What happened
XRP traded below $1. 10 in spot markets on Friday morning, the first sub-$1. 10 print since 2024, according to BeInCrypto's report citing the latest price action.
The move came alongside softness across the altcoin complex and follows several sessions of lower highs on the daily chart. Hours earlier, David Schwartz, Ripple's CTO emeritus, published an XRP Ledger roadmap outlining priorities for developer tooling, programmability, and institutional integrations. The timing is awkward.
A roadmap aimed at the long-term narrative dropped into a tape that's pricing in the opposite story.
Why it matters
$1. 10 wasn't a random level. It was the floor that held through multiple retests over the past 18 months, which is why analysts cited by BeInCrypto flagged a potential 23% downside extension if it gives way on a closing basis.
Lose a multi-year shelf and the next bid sits considerably lower. The roadmap question is separate. Schwartz has credibility with the XRPL developer base, and the document leans into the parts of the ecosystem that don't move on retail flow.
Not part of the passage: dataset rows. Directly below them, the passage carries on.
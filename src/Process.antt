-- ===== src/Process.antt =====
-- The process table of crates/pty-core/src/proctable.rs and the trees that
-- crates/pty-core/src/process_tree.rs reads from it and stops.
pub mod Table
pub mod Walk
pub mod Snapshot
pub mod Freeze
pub mod Sweep
mod Tests
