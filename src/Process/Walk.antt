-- ===== src/Process/Walk.antt =====
-- `walk` of crates/pty-core/src/process_tree.rs: the descendants of a process, breadth first.
pub mod Rounds
pub mod Yields
mod Covers
pub mod Reach
use pty.Base.{
  ℕ, zero, suc, ◌+◌, Bool, true, false, List, [], ◌∷◌, ◌++◌, map, Option, none, some, if◌then◌else◌,
  length, ℤ, int_eq, int_mem,
}
use pty.Process.Table.{Row, ProcTable}

-- The entry of `children` for a parent, in the table's order.
unfoldable pub children : ℤ → List Row → List ℤ
children parent [] = []
children parent (r ∷ rs) =
    if int_eq r.ppid parent then r.pid ∷ children parent rs else children parent rs

abbrev pub at_depth : ℕ → List ℤ → List (ℤ × ℕ)
at_depth d [] = []
at_depth d (p ∷ ps) = (p, d) ∷ at_depth d ps

-- The loop, on the pids seen and the queue. `none` means that the fuel ran out.
unfoldable pub walk_loop : ℕ → List Row → List ℤ → List (ℤ × ℕ) → Option (List (ℤ × ℕ))
walk_loop fuel rows seen [] = some []
walk_loop zero rows seen ((pid, depth) ∷ queue) = none
walk_loop (suc fuel) rows seen ((pid, depth) ∷ queue) = elim (int_mem pid seen) [
  | true ↦ walk_loop fuel rows seen queue
  | false ↦
      elim (walk_loop fuel rows (pid ∷ seen) (queue ++ at_depth (suc depth) (children pid rows))) [
        | none ↦ none
        | some rest ↦ some ((pid, depth) ∷ rest)
      ]
]

-- A row is queued once at most, by its parent, so one round for each row is enough.
unfoldable pub walk_all : ℤ → List Row → Option (List (ℤ × ℕ))
walk_all root rows = walk_loop (length rows) rows (root ∷ []) (at_depth 1 (children root rows))

abbrev pub found {ℓ} : {A : Type ℓ} → Option (List A) → List A
found none = []
found (some l) = l

-- `walk`; `walk_all` returns for every table, so the first case of `found` is not reached.
unfoldable pub walk : ℤ → ProcTable → List (ℤ × ℕ)
walk root t = found (walk_all root t.rows)
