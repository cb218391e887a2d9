-- ===== src/Process/Snapshot.antt =====
-- The snapshots of a process tree of crates/pty-core/src/process_tree.rs: identities, the complete
-- snapshot, and the operations on lists of identities.
pub mod Sort
pub mod Complete
pub mod StillLive
use pty.Base.{
  ℕ, zero, suc, ◌+◌, Bool, true, false, not, ◌&&◌, ◌||◌, List, [], ◌∷◌, ◌++◌, Option, none, some,
  ltb, ◌==◌, if◌then◌else◌, length, Bytes, ℤ, int_eq, int_lt, bytes_eq, int_mem, pos,
}
use pty.Process.Table.{
  Answer, known, not_present, unknown, known_value, Row, is_zombie, is_exiting, is_stopped,
  ProcTable, is_complete, row, find_row, identity,
}
use pty.Process.Walk.{walk}

-- A descendant, pinned to its start identity.
pub record ProcessIdentity : Type 0 where
  pub pid : ℤ
  pub identity : Bytes
  pub depth : ℕ

-- `a` comes strictly before `b`: deeper, or as deep with the higher pid.
unfoldable pub comes_before : ProcessIdentity → ProcessIdentity → Bool
comes_before a b = ltb b.depth a.depth || (a.depth == b.depth && int_lt b.pid a.pid)

-- `sort_by` is stable: an entry goes before the first that does not come strictly before it.
unfoldable pub insert_sorted : ProcessIdentity → List ProcessIdentity → List ProcessIdentity
insert_sorted x [] = x ∷ []
insert_sorted x (y ∷ ys) = if comes_before y x then y ∷ insert_sorted x ys else x ∷ y ∷ ys

unfoldable pub sort_identities : List ProcessIdentity → List ProcessIdentity
unfolding insert_sorted comes_before
sort_identities [] = []
sort_identities (x ∷ xs) = insert_sorted x (sort_identities xs)

-- Why a snapshot is not complete; a reason's pid is the one that its text names.
pub data Reason : Type 0 where
  process_table_unreadable process_table_incomplete root_identity_unavailable : Reason
  process_identity_unavailable observed_identity_unavailable : ℤ → Reason
  root_freeze_failed descendant_freeze_unverified : Reason
  process_tree_not_stopped process_tree_did_not_quiesce : Reason

pub data TreeSnapshot : Type 0 where
  complete : List ProcessIdentity → TreeSnapshot
  unavailable : Reason → List ProcessIdentity → TreeSnapshot

unfoldable pub snapshot_is_complete : TreeSnapshot → Bool
snapshot_is_complete (complete ids) = true
snapshot_is_complete (unavailable why ids) = false

unfoldable pub identities : TreeSnapshot → List ProcessIdentity
identities (complete ids) = ids
identities (unavailable why ids) = ids

abbrev pub named : ℤ → ℕ → Option Bytes → List ProcessIdentity → List ProcessIdentity
named pid depth none rest = rest
named pid depth (some i) rest = record { pid = pid; identity = i; depth = depth } ∷ rest

-- `snapshot_from_table` before its sort: the entries that the table can name.
unfoldable pub named_entries : ProcTable → List (ℤ × ℕ) → List ProcessIdentity
unfolding identity
named_entries t [] = []
named_entries t ((pid, depth) ∷ l) =
    named pid depth (known_value (identity t pid)) (named_entries t l)

unfoldable pub snapshot_from_table : ℤ → ProcTable → List ProcessIdentity
unfolding named_entries sort_identities walk
snapshot_from_table root t = sort_identities (named_entries t (walk root t))

-- The row's identity, if the row is there and live.
abbrev pub live_identity : Answer Row → Option Bytes
live_identity (known r) = if is_zombie r then none else r.identity
live_identity not_present = none
live_identity (unknown u) = none

unfoldable pub live_entries : ProcTable → List (ℤ × ℕ) → List ProcessIdentity
live_entries t [] = []
live_entries t ((pid, depth) ∷ l) = named pid depth (live_identity (row t pid)) (live_entries t l)

unfoldable pub observed_identities : ℤ → ProcTable → List ProcessIdentity
observed_identities root t = sort_identities (live_entries t (walk root t))

abbrev has_identity : Option Bytes → Bool
has_identity none = false
has_identity (some i) = true

-- A live row without an identity.
abbrev pub is_nameless : Answer Row → Bool
is_nameless (known r) = not (is_zombie r) && not (has_identity r.identity)
is_nameless not_present = false
is_nameless (unknown u) = false

abbrev pub is_live_named : Answer Row → Bool
is_live_named (known r) = not (is_zombie r) && has_identity r.identity
is_live_named not_present = false
is_live_named (unknown u) = false

-- The first entry that is live and has no identity.
unfoldable pub first_nameless : ProcTable → List (ℤ × ℕ) → Option ℤ
first_nameless t [] = none
first_nameless t ((pid, depth) ∷ l) =
    if is_nameless (row t pid) then some pid else first_nameless t l

unfoldable pub complete_snapshot_from_table : ℤ → ProcTable → TreeSnapshot
complete_snapshot_from_table root t =
    let observed = observed_identities root t in
    if not t.readable
    then unavailable process_table_unreadable []
    else if not (is_complete t)
    then unavailable process_table_incomplete observed
    else if not (is_live_named (row t root))
    then unavailable root_identity_unavailable observed
    else elim (first_nameless t (walk root t)) [
      | none ↦ complete observed
      | some pid ↦ unavailable (process_identity_unavailable pid) observed
    ]

-- The same process: its pid and its identity.
abbrev pub same_process : ProcessIdentity → ProcessIdentity → Bool
same_process a b = int_eq a.pid b.pid && bytes_eq a.identity b.identity

unfoldable pub holds : ProcessIdentity → List ProcessIdentity → Bool
holds candidate [] = false
holds candidate (x ∷ xs) = same_process x candidate || holds candidate xs

-- The loop of `merge_identities`.
unfoldable pub add_new : List ProcessIdentity → List ProcessIdentity → List ProcessIdentity
add_new into [] = into
add_new into (candidate ∷ more) =
    add_new (if holds candidate into then into else into ++ candidate ∷ []) more

unfoldable pub merge_identities : List ProcessIdentity → List ProcessIdentity → List ProcessIdentity
merge_identities into more = sort_identities (add_new into more)

unfoldable pub same_identities : List ProcessIdentity → List ProcessIdentity → Bool
same_identities [] [] = true
same_identities [] (b ∷ bs) = false
same_identities (a ∷ as') [] = false
same_identities (a ∷ as') (b ∷ bs) = same_process a b && same_identities as' bs

-- `Ok` with the identities, or `Err` with a pid.
pub data Live : Type 0 where
  live : List ProcessIdentity → Live
  unreadable_pid : ℤ → Live

abbrev pub keep_live : ProcessIdentity → Live → Live
keep_live x (live l) = live (x ∷ l)
keep_live x (unreadable_pid p) = unreadable_pid p

abbrev pub check_identity : ProcessIdentity → Option Bytes → Live → Live
check_identity x none rest = unreadable_pid x.pid
check_identity x (some current) rest =
    if bytes_eq current x.identity then keep_live x rest else rest

abbrev pub check_row : ProcessIdentity → Answer Row → Live → Live
check_row x (known r) rest = if is_zombie r then rest else check_identity x r.identity rest
check_row x not_present rest = rest
check_row x (unknown u) rest = unreadable_pid x.pid

unfoldable pub live_of : List ProcessIdentity → ProcTable → Live
live_of [] t = live []
live_of (x ∷ xs) t = check_row x (row t x.pid) (live_of xs t)

abbrev pub sorted_live : Live → Live
sorted_live (live l) = live (sort_identities l)
sorted_live (unreadable_pid p) = unreadable_pid p

unfoldable pub still_live_identities : List ProcessIdentity → ProcTable → Live
still_live_identities observed t = sorted_live (live_of observed t)

abbrev pub shows_stopped : Answer Row → Bool
shows_stopped (known r) = is_stopped r
shows_stopped not_present = false
shows_stopped (unknown u) = false

unfoldable pub each_stopped : List ProcessIdentity → ProcTable → Bool
each_stopped [] t = true
each_stopped (x ∷ xs) t = shows_stopped (row t x.pid) && each_stopped xs t

unfoldable pub all_stopped : ℤ → List ProcessIdentity → ProcTable → Bool
all_stopped root ids t = shows_stopped (row t root) && each_stopped ids t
But roadmaps are slow-burn assets. They convert into price over quarters, not sessions, and they don't rescue a chart that's already broken.
Market impact
The break below $1.10 is the read-through that matters here. Spot has been heavy, and the altcoin complex has lacked a lead since the last leg of BTC strength faded. XRP's correlation to broader alt risk has tightened, which means the token is trading less on Ripple-specific news and more on the macro alt bid. That's the uncomfortable part of Schwartz's timing. Even a well-received roadmap gets drowned out when the chart is bleeding. Derivatives positioning has skewed short on the way down, per the BeInCrypto piece, which means a sharp reclaim of $1.10 on volume could squeeze. Absent that, the path of least resistance is lower.